1Laboratory of Host Pathogen Interactions-UBM, Institut Pasteur de Montevideo, Montevideo, Uruguay.
2Sección Biomatemática - Unidad de Genómica Evolutiva, Facultad de Ciencias-UDELAR, Montevideo, Uruguay.
Microb Genom. 2018 May;4(5). doi: 10.1099/mgen.0.000177. Epub 2018 Apr 30.
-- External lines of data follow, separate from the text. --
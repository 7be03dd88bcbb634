-- ===== src/Fs/Dir/Fill.antt =====
-- A directory block as a map from names to inode numbers (lab4/fs5600.c): `find_dirent` before and
-- after an entry is filled in.
use neu_cs5600_cmpsys.Base.{
  ℕ, ◌+◌, ◌*◌, ◌/◌, ◌%◌, ◌^◌, ◌<◌, ◌≡◌, ◌≢◌, refl, sym, ap, ◌∙◌, inl, inr, true, false, not, Option,
  none, some, length, arith, Bool-cases, if◌then◌else◌, ℕ_discrete,
}
use neu_cs5600_cmpsys.Base.Bytes.{Bytes, NoNul, streq, streq_refl, streq_iff}
use neu_cs5600_cmpsys.Fs.Bitmap.{fs_block_size}
use neu_cs5600_cmpsys.Fs.Block.{valid, inode_of}
use neu_cs5600_cmpsys.Fs.Dir.{num_dirent_block, is_named, find_dirent, find_empty}
use neu_cs5600_cmpsys.Fs.Dir.Search.{
  search_from-ext, search_from-none, search_from-some, search_from-only,
}
use neu_cs5600_cmpsys.Fs.Dir.Entry.{
  filled, filled_header, filled_name, filled_header_other, filled_name_other,
}

-- The inode number that a name leads to.
abbrev pub inum_of : Bytes → Bytes → Option ℕ
inum_of buf name = elim (find_dirent buf name) [ none ↦ none | some k ↦ some (inode_of buf k) ]

pub streq_ne : (a c : Bytes) → c ≢ a → streq a c ≡ false
streq_ne a c ne = elim (Bool-cases (streq a c)) [
  | inl t ↦ absurd (ne (sym ((streq_iff a c).0 t)))
  | inr f ↦ f
]

-- An entry that is found leads to the same inode in both blocks.
pub same_inum :
    (b c : Bytes) (o : Option ℕ)
    → ((j : ℕ) → o ≡ some j → inode_of c j ≡ inode_of b j)
    → elim o [ none ↦ none | some j ↦ some (inode_of c j) ]
      ≡ elim o [ none ↦ none | some j ↦ some (inode_of b j) ]
same_inum b c none h = refl
same_inum b c (some j) h = ap (λ (n : ℕ). some n) (h j refl)

module _ (b : Bytes) (k : ℕ) (name : Bytes) (i : ℕ) (empty : find_empty b ≡ some k)
    (whole : length b ≡ fs_block_size) (clean : NoNul name) (short : length name < 28)
    (narrow : i < 2 ^ 31) where
  at_empty : (valid b k ≡ false) × (k < num_dirent_block)
  unfolding find_empty
  at_empty =
      let (t, lo, hi) = search_from-some (λ j. not (valid b j)) 0 num_dirent_block k empty in
      (ground (arith, t), omega (arith, hi))

  abbrev b' : Bytes
  b' = filled b k name i

  named_other : (dst : Bytes) (j : ℕ) → j ≢ k → is_named b' dst j ≡ is_named b dst j
  named_other dst j ne =
      rw
        (
          filled_header_other b k name i at_empty.1 whole clean short narrow j ne,
          filled_name_other b k name i at_empty.1 whole clean short narrow j ne,
        )
        refl

  named_here : (dst : Bytes) → is_named b' dst k ≡ streq name dst
  named_here dst =
      let odd : (1 + 2 * i) % 2 ≡ 1 = omega arith in
      rw
        (
          filled_header b k name i at_empty.1 whole clean short narrow,
          filled_name b k name i at_empty.1 whole clean short narrow,
          odd,
        )
        refl

  unused : (dst : Bytes) → is_named b dst k ≡ false
  unused dst = let e = at_empty.0 in rw e refl

  pub filled_found : find_dirent b name ≡ none → find_dirent b' name ≡ some k
  unfolding find_dirent
  filled_found fresh =
      search_from-only (is_named b' name) 0 num_dirent_block k (named_here name ∙ streq_refl name)
        (λ j lo hi ne.
          named_other name j ne
          ∙ search_from-none (is_named b name) 0 num_dirent_block fresh j lo hi)
        (omega arith) (omega (arith, at_empty.1))

  pub filled_inode : inode_of b' k ≡ i
  filled_inode = rw (filled_header b k name i at_empty.1 whole clean short narrow) (omega arith)

  pub filled_others : (dst : Bytes) → dst ≢ name → find_dirent b' dst ≡ find_dirent b dst
  unfolding find_dirent
  filled_others dst ne =
      search_from-ext (is_named b' dst) (is_named b dst) 0 num_dirent_block λ j lo hi.
        elim (ℕ_discrete j k) [
          | yes same ↦ rw same (named_here dst ∙ streq_ne name dst ne ∙ sym (unused dst))
          | no other ↦ named_other dst j other
        ]

  -- An entry that is found is in use, so it is not the one that was filled.
  pub found_other :
      (dst : Bytes) (j : ℕ) → find_dirent b dst ≡ some j → inode_of b' j ≡ inode_of b j
  unfolding find_dirent
  found_other dst j e =
      let (t, lo, hi) = search_from-some (is_named b dst) 0 num_dirent_block j e in
      ap (λ (h : ℕ). h / 2)
        (filled_header_other b k name i at_empty.1 whole clean short narrow j (λ same. absurd (
          let h : is_named b dst k ≡ true = ap (is_named b dst) (sym same) ∙ t in
          let g : true ≡ false = sym h ∙ unused dst in cc)))

  filled_inum : find_dirent b name ≡ none → inum_of b' name ≡ some i
  filled_inum fresh = rw (filled_found fresh, inum_of) (ap (λ (n : ℕ). some n) filled_inode)

  filled_inum_other : (dst : Bytes) → dst ≢ name → inum_of b' dst ≡ inum_of b dst
  filled_inum_other dst ne =
      rw (filled_others dst ne, inum_of)
        (same_inum b b' (find_dirent b dst) (λ j e. found_other dst j e))

  -- Filling in a free entry with a new name, shorter than 28 bytes, is an insertion: afterwards
  -- that name leads to the inode, and every other name to where it led.
  pub filled-insert :
      (dst : Bytes)
      → find_dirent b name ≡ none
      → inum_of (filled b k name i) dst ≡ (if streq name dst then some i else inum_of b dst)
  filled-insert dst fresh = elim (Bool-cases (streq name dst)) [
    | inl t ↦ rw t (rw (sym ((streq_iff name dst).0 t)) (filled_inum fresh))
    | inr f ↦ rw f (
        filled_inum_other dst
          λ e. absurd (let h : streq name dst ≡ true = (streq_iff name dst).1 (sym e) in cc))
  ]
Although the genome of Trypanosoma cruzi, the causative agent of Chagas disease, was first made available in 2005, with additional strains reported later, the intrinsic genome complexity of this parasite (the abundance of repetitive sequences and genes organized in tandem) has traditionally hindered high-quality genome assembly and annotation. This also limits diverse types of analyses that require high degrees of precision. Long reads generated by third-generation sequencing technologies are particularly suitable to address the challenges associated with T. cruzi's genome since they permit direct determination of the full sequence of large clusters of repetitive sequences without collapsing them. This, in turn, not only allows accurate estimation of gene copy numbers but also circumvents assembly fragmentation. Here, we present the analysis of the genome sequences of two T. cruzi clones: the hybrid TCC (TcVI) and the non-hybrid Dm28c (TcI), determined by PacBio Single Molecular Real-Time (SMRT) technology. The improved assemblies herein obtained permitted us to accurately estimate gene copy numbers, abundance and distribution of repetitive sequences (including satellites and retroelements). We found that the genome of T. cruzi is composed of a 'core compartment' and a 'disruptive compartment' which exhibit opposite GC content and gene composition. Novel tandem and dispersed repetitive sequences were identified, including some located inside coding sequences. Additionally, homologous chromosomes were separately assembled, allowing us to retrieve haplotypes as separate contigs instead of a unique mosaic sequence. Finally, manual annotation of surface multigene families, mucins and trans-sialidases allows now a better overview of these complex groups of genes.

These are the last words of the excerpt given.